Insight into the mechanism of galactokinase: Role of a critical glutamate residue and helix/coil transitions

- The catalytic mechanism of galactokinase is not fully understood.
- Alteration of the active site changes the dynamics of residues 174-179 and 231-240.
- Alteration of R105, E174 and R228 also affects the dynamics of these residues.
- A negative charge at residue 174 is essential for catalysis.
- Residues 174-179 and 231-240 are critical in activity, specificity and stability.

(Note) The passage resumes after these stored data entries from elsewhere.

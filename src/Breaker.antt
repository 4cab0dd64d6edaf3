-- ===== src/Breaker.antt =====
-- The circuit breaker (src/limiter/circuit-breaker.ts, class CircuitBreaker).
-- `Date.now()` is an argument of each operation; times and settings are whole, non-negative
-- milliseconds, and `now - t < w` is written `now < t + w`, which also covers a clock set back.
pub mod Invariant
pub mod Trip
mod Tests
use umans_gate.Base.{
  ℕ, ◌+◌, Bool, true, false, List, [], ◌∷◌, ◌++◌, Option, none, some, ltb, leb, if◌then◌else◌,
  length, keep,
}

pub data BreakerState : Type 0 where
  closed opened half_open : BreakerState

-- What a 429 answer is classified as.
pub data Kind : Type 0 where
  concurrency rate_limit gateway : Kind

pub record Breaker : Type 0 where
  pub state : BreakerState
  pub concurrency_429s : List ℕ
  pub opened_at : ℕ
  pub threshold : ℕ
  pub window_ms : ℕ
  pub cooldown_ms : ℕ
  pub half_open_probe_started : Bool

unfoldable pub new : ℕ → ℕ → ℕ → Breaker
new threshold window_ms cooldown_ms = record {
  state = closed;
  concurrency_429s = [];
  opened_at = 0;
  threshold = threshold;
  window_ms = window_ms;
  cooldown_ms = cooldown_ms;
  half_open_probe_started = false;
}

-- `opt !== undefined ? opt : old`
abbrev pub given {ℓ} : {A : Type ℓ} → Option A → A → A
given none old = old
given (some v) old = v

-- The 429s of the last `window` milliseconds.
abbrev pub fresh : ℕ → ℕ → List ℕ → List ℕ
fresh window now = keep (λ t. ltb now (t + window))

unfoldable pub reconfigure : Breaker → Option ℕ → Option ℕ → Option ℕ → ℕ → Breaker
reconfigure b threshold window_ms cooldown_ms now = record b {
  threshold = given threshold b.threshold;
  window_ms = given window_ms b.window_ms;
  cooldown_ms = given cooldown_ms b.cooldown_ms;
  concurrency_429s = fresh (given window_ms b.window_ms) now b.concurrency_429s;
}

half_open_from : BreakerState → Breaker → ℕ → Breaker × BreakerState
half_open_from opened b now =
    if b.half_open_probe_started
    then (b, opened)
    else if leb (b.opened_at + b.cooldown_ms) now
    then (record b { half_open_probe_started = true; state = half_open }, half_open)
    else (b, b.state)
half_open_from half_open b now = if b.half_open_probe_started then (b, opened) else (b, b.state)
half_open_from closed b now = (b, b.state)

unfoldable pub maybe_half_open : Breaker → ℕ → Breaker × BreakerState
unfolding half_open_from
maybe_half_open b now = half_open_from b.state b now

abbrev pub is_opened : BreakerState → Bool
is_opened opened = true
is_opened _ = false

trip : Breaker → ℕ → Breaker
trip b now =
    let kept = fresh b.window_ms now (b.concurrency_429s ++ now ∷ []) in
    let b' = record b { concurrency_429s = kept } in
    if leb b.threshold (length kept)
    then (if is_opened b.state
        then b'
        else record b' { state = opened; opened_at = now; half_open_probe_started = false })
    else b'

unfoldable pub record_429 : Breaker → Kind → ℕ → Breaker
unfolding trip
record_429 b concurrency now = trip b now
record_429 b _ now = b

success_from : BreakerState → Breaker → Breaker
success_from half_open b = record b {
  state = closed;
  concurrency_429s = [];
  half_open_probe_started = false;
}
success_from _ b = b

unfoldable pub record_success : Breaker → Breaker
unfolding success_from
record_success b = success_from b.state b

reset_from : BreakerState → Breaker → ℕ → Breaker
reset_from half_open b now =
    if b.half_open_probe_started
    then record b { half_open_probe_started = false; state = opened; opened_at = now }
    else b
reset_from _ b now = b

unfoldable pub reset_half_open_probe : Breaker → ℕ → Breaker
unfolding reset_from
reset_half_open_probe b now = reset_from b.state b now

-- A call of the breaker's interface, with its time.
pub data Call : Type 0 where
  polls : ℕ → Call
  fails : Kind → ℕ → Call
  succeeds : Call
  resets : ℕ → Call
  reconfigures : Option ℕ → Option ℕ → Option ℕ → ℕ → Call

-- The new breaker, and the answer of `maybeHalfOpen`.
unfoldable pub step : Breaker → Call → Breaker × Option BreakerState
step b (polls now) = let (b', answer) = maybe_half_open b now in (b', some answer)
step b (fails kind now) = (record_429 b kind now, none)
step b succeeds = (record_success b, none)
step b (resets now) = (reset_half_open_probe b now, none)
step b (reconfigures threshold window cooldown now) =
    (reconfigure b threshold window cooldown now, none)

unfoldable pub run : Breaker → List Call → Breaker
run b [] = b
run b (c ∷ cs) = run (step b c).0 cs
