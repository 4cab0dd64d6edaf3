-- ===== src/Breaker/Invariant.antt =====
-- What holds of the breaker between calls, and how often it lets a probe through.
use umans_gate.Base.{ℕ, ◌+◌, ◌≤◌, ◌≡◌, Bool, true, false, List, [], ◌∷◌, Option, some, arith}
use umans_gate.Breaker.{
  Breaker, BreakerState, opened, half_open, Call, polls, fails, succeeds, resets, reconfigures,
  concurrency, rate_limit, gateway, new, maybe_half_open, record_429, record_success,
  reset_half_open_probe, reconfigure, step, run, is_opened,
}

-- The probe flag is up exactly while the breaker is half open.
pub record Inv (b : Breaker) : Type 0 where
  pub probing : b.state ≡ half_open → b.half_open_probe_started ≡ true
  pub idle : b.half_open_probe_started ≡ true → b.state ≡ half_open

new-Inv : (t w c : ℕ) → Inv (new t w c)
unfolding new
new-Inv t w c = ground arith

pub step-Inv : (b : Breaker) (c : Call) → Inv b → Inv (step b c).0
unfolding step maybe_half_open record_429 record_success reset_half_open_probe reconfigure
step-Inv b (polls now) v = ground arith
step-Inv b (fails concurrency now) v = ground arith
step-Inv b (fails rate_limit now) v = v
step-Inv b (fails gateway now) v = v
step-Inv b succeeds v = ground arith
step-Inv b (resets now) v = ground arith
step-Inv b (reconfigures t w c now) v = ground arith

run-Inv : (b : Breaker) (cs : List Call) → Inv b → Inv (run b cs)
unfolding run
run-Inv b [] v = v
run-Inv b (c ∷ cs) v = run-Inv (step b c).0 cs (step-Inv b c v)

-- After any calls on a new breaker the probe flag is up exactly while the breaker is half open.
pub run-new-Inv : (t w c : ℕ) (cs : List Call) → Inv (run (new t w c) cs)
run-new-Inv t w c cs = run-Inv (new t w c) cs (new-Inv t w c)

abbrev is_probe : Option BreakerState → Bool
is_probe (some half_open) = true
is_probe _ = false

abbrev one_if : Bool → ℕ
one_if true = 1
one_if false = 0

-- How many calls of a history were told to go ahead as the probe.
abbrev pub probes : Breaker → List Call → ℕ
probes b [] = 0
probes b (c ∷ cs) = one_if (is_probe (step b c).1) + probes (step b c).0 cs

abbrev opens : BreakerState → BreakerState → ℕ
opens opened _ = 0
opens _ opened = 1
opens _ _ = 0

-- How often a history opened the breaker.
abbrev pub openings : Breaker → List Call → ℕ
openings b [] = 0
openings b (c ∷ cs) = opens b.state (step b c).0.state + openings (step b c).0 cs

step_accounts :
    (b : Breaker) (c : Call)
    → Inv b
    → one_if (is_probe (step b c).1) + one_if (is_opened (step b c).0.state)
      ≤ one_if (is_opened b.state) + opens b.state (step b c).0.state
unfolding step maybe_half_open record_429 record_success reset_half_open_probe reconfigure
step_accounts b (polls now) v = ground arith
step_accounts b (fails concurrency now) v = ground arith
step_accounts b (fails rate_limit now) v = ground arith
step_accounts b (fails gateway now) v = ground arith
step_accounts b succeeds v = ground arith
step_accounts b (resets now) v = ground arith
step_accounts b (reconfigures t w c now) v = ground arith

probes_accounted :
    (b : Breaker) (cs : List Call)
    → Inv b
    → probes b cs + one_if (is_opened (run b cs).state) ≤ one_if (is_opened b.state) + openings b cs
unfolding run
probes_accounted b [] v = ground arith
probes_accounted b (c ∷ cs) v =
    let rest = probes_accounted (step b c).0 cs (step-Inv b c v) in
    omega (arith, step_accounts b c v)

-- In any history of a new breaker, at most one caller is let through as the probe for each time
-- that the breaker opened.
pub probes-le-openings :
    (t w c : ℕ) (cs : List Call) → probes (new t w c) cs ≤ openings (new t w c) cs
unfolding new
probes-le-openings t w c cs = omega (arith, probes_accounted (new t w c) cs (new-Inv t w c))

Galactokinase, the enzyme which catalyses the first committed step in the Leloir pathway, has attracted interest due to its potential as a biocatalyst and as a possible drug target in the treatment of type I galactosemia. The mechanism of the enzyme is not fully elucidated. Molecular dynamics (MD) simulations of galactokinase with the active site residues Arg-37 and Asp-186 altered predicted that two regions (residues 174-179 and 231-240) had different dynamics as a consequence. Interestingly, the same two regions were also affected by alterations in Arg-105, Glu-174 and Arg-228. These three residues were identified as important in catalysis in previous computational studies on human galactokinase. Alteration of Arg-105 to methionine resulted in a modest reduction in activity with little change in stability. When Arg-228 was changed to methionine, the enzyme's interaction with both ATP and galactose was affected. This variant was significantly less stable than the wild-type protein. Changing Glu-174 to glutamine (but not to aspartate) resulted in no detectable activity and a less stable enzyme. Overall, these combined in silico and in vitro studies demonstrate the importance of a negative charge at position 174 and highlight the critical role of the dynamics in to key regions of the protein. We postulate that these regions may be critical for mediating the enzyme's structure and function.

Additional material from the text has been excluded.